-- Available data follows --

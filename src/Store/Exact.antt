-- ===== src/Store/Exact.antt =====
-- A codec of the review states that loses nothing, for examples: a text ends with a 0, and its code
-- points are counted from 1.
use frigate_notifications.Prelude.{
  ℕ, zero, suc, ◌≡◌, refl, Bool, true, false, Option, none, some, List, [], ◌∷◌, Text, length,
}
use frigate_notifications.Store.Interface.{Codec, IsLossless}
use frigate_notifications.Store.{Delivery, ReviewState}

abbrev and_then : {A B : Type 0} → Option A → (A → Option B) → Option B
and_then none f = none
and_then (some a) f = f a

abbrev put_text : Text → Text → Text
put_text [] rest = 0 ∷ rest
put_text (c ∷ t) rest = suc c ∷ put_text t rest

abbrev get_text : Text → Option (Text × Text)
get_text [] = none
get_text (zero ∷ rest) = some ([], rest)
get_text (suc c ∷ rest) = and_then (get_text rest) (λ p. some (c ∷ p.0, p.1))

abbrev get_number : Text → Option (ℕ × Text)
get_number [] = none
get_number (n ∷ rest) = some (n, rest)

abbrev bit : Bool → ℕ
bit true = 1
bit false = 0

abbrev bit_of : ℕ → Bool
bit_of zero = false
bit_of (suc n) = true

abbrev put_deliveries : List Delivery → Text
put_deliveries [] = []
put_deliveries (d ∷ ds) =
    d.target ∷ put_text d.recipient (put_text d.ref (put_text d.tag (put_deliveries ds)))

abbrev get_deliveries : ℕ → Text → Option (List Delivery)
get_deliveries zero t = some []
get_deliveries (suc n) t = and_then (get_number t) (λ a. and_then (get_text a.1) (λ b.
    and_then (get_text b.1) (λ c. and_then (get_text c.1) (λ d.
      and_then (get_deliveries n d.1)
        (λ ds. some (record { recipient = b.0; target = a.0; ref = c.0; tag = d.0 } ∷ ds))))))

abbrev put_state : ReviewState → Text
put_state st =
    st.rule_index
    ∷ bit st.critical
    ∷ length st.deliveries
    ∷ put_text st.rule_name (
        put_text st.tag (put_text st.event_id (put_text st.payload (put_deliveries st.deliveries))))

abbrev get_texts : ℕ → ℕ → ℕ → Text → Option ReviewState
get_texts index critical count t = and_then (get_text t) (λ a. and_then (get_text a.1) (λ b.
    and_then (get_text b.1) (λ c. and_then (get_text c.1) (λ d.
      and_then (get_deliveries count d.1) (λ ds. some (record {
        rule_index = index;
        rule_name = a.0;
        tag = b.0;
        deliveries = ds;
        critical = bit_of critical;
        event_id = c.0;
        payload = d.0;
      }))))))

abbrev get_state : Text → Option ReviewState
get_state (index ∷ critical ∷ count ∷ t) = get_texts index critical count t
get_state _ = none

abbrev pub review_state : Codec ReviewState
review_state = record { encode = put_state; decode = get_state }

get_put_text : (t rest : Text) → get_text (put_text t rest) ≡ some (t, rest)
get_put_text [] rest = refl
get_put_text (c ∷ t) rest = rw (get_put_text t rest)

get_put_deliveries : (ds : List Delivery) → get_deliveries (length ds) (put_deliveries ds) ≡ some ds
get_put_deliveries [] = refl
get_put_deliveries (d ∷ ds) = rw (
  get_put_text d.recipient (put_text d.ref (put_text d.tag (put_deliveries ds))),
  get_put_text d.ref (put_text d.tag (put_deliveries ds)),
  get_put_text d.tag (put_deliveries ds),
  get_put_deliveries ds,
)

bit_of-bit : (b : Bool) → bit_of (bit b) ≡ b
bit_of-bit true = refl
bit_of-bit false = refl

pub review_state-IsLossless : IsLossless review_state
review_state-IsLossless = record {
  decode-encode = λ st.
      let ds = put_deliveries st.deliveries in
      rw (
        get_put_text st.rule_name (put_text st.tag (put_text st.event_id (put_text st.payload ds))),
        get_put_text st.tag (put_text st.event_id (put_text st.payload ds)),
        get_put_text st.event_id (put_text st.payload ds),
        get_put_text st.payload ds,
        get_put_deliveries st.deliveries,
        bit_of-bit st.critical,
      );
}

-- Available data concluded --

→ Your objective
Nothing is to be left out: set down all the records again exactly.

→ Response box
filename src/Store/Exact.antt
-- ===== src/Store/Exact.antt =====
-- A codec of the review states that loses nothing, for examples: a text ends with a 0, and its code
-- points are counted from 1.
use frigate_notifications.Prelude.{
  ℕ, zero, suc, ◌≡◌, refl, Bool, true, false, Option, none, some, List, [], ◌∷◌, Text, length,
}
use frigate_notifications.Store.Interface.{Codec, IsLossless}
use frigate_notifications.Store.{Delivery, ReviewState}

abbrev and_then : {A B : Type 0} → Option A → (A → Option B) → Option B
and_then none f = none
and_then (some a) f = f a

abbrev put_text : Text → Text → Text
put_text [] rest = 0 ∷ rest
put_text (c ∷ t) rest = suc c ∷ put_text t rest

abbrev get_text : Text → Option (Text × Text)
get_text [] = none
get_text (zero ∷ rest) = some ([], rest)
get_text (suc c ∷ rest) = and_then (get_text rest) (λ p. some (c ∷ p.0, p.1))

abbrev get_number : Text → Option (ℕ × Text)
get_number [] = none
get_number (n ∷ rest) = some (n, rest)

abbrev bit : Bool → ℕ
bit true = 1
bit false = 0

abbrev bit_of : ℕ → Bool
bit_of zero = false
bit_of (suc n) = true

abbrev put_deliveries : List Delivery → Text
put_deliveries [] = []
put_deliveries (d ∷ ds) =
    d.target ∷ put_text d.recipient (put_text d.ref (put_text d.tag (put_deliveries ds)))

abbrev get_deliveries : ℕ → Text → Option (List Delivery)
get_deliveries zero t = some []
get_deliveries (suc n) t = and_then (get_number t) (λ a. and_then (get_text a.1) (λ b.
    and_then (get_text b.1) (λ c. and_then (get_text c.1) (λ d.
      and_then (get_deliveries n d.1)
        (λ ds. some (record { recipient = b.0; target = a.0; ref = c.0; tag = d.0 } ∷ ds))))))

abbrev put_state : ReviewState → Text
put_state st =
    st.rule_index
    ∷ bit st.critical
    ∷ length st.deliveries
    ∷ put_text st.rule_name (
        put_text st.tag (put_text st.event_id (put_text st.payload (put_deliveries st.deliveries))))

abbrev get_texts : ℕ → ℕ → ℕ → Text → Option ReviewState
get_texts index critical count t = and_then (get_text t) (λ a. and_then (get_text a.1) (λ b.
    and_then (get_text b.1) (λ c. and_then (get_text c.1) (λ d.
      and_then (get_deliveries count d.1) (λ ds. some (record {
        rule_index = index;
        rule_name = a.0;
        tag = b.0;
        deliveries = ds;
        critical = bit_of critical;
        event_id = c.0;
        payload = d.0;
      }))))))

abbrev get_state : Text → Option ReviewState
get_state (index ∷ critical ∷ count ∷ t) = get_texts index critical count t
get_state _ = none

abbrev pub review_state : Codec ReviewState
review_state = record { encode = put_state; decode = get_state }

get_put_text : (t rest : Text) → get_text (put_text t rest) ≡ some (t, rest)
get_put_text [] rest = refl
get_put_text (c ∷ t) rest = rw (get_put_text t rest)

get_put_deliveries : (ds : List Delivery) → get_deliveries (length ds) (put_deliveries ds) ≡ some ds
get_put_deliveries [] = refl
get_put_deliveries (d ∷ ds) = rw (
  get_put_text d.recipient (put_text d.ref (put_text d.tag (put_deliveries ds))),
  get_put_text d.ref (put_text d.tag (put_deliveries ds)),
  get_put_text d.tag (put_deliveries ds),
  get_put_deliveries ds,
)

bit_of-bit : (b : Bool) → bit_of (bit b) ≡ b
bit_of-bit true = refl
bit_of-bit false = refl

pub review_state-IsLossless : IsLossless review_state
review_state-IsLossless = record {
  decode-encode = λ st.
      let ds = put_deliveries st.deliveries in
      rw (
        get_put_text st.rule_name (put_text st.tag (put_text st.event_id (put_text st.payload ds))),
        get_put_text st.tag (put_text st.event_id (put_text st.payload ds)),
        get_put_text st.event_id (put_text st.payload ds),
        get_put_text st.payload ds,
        get_put_deliveries st.deliveries,
        bit_of-bit st.critical,
      );
}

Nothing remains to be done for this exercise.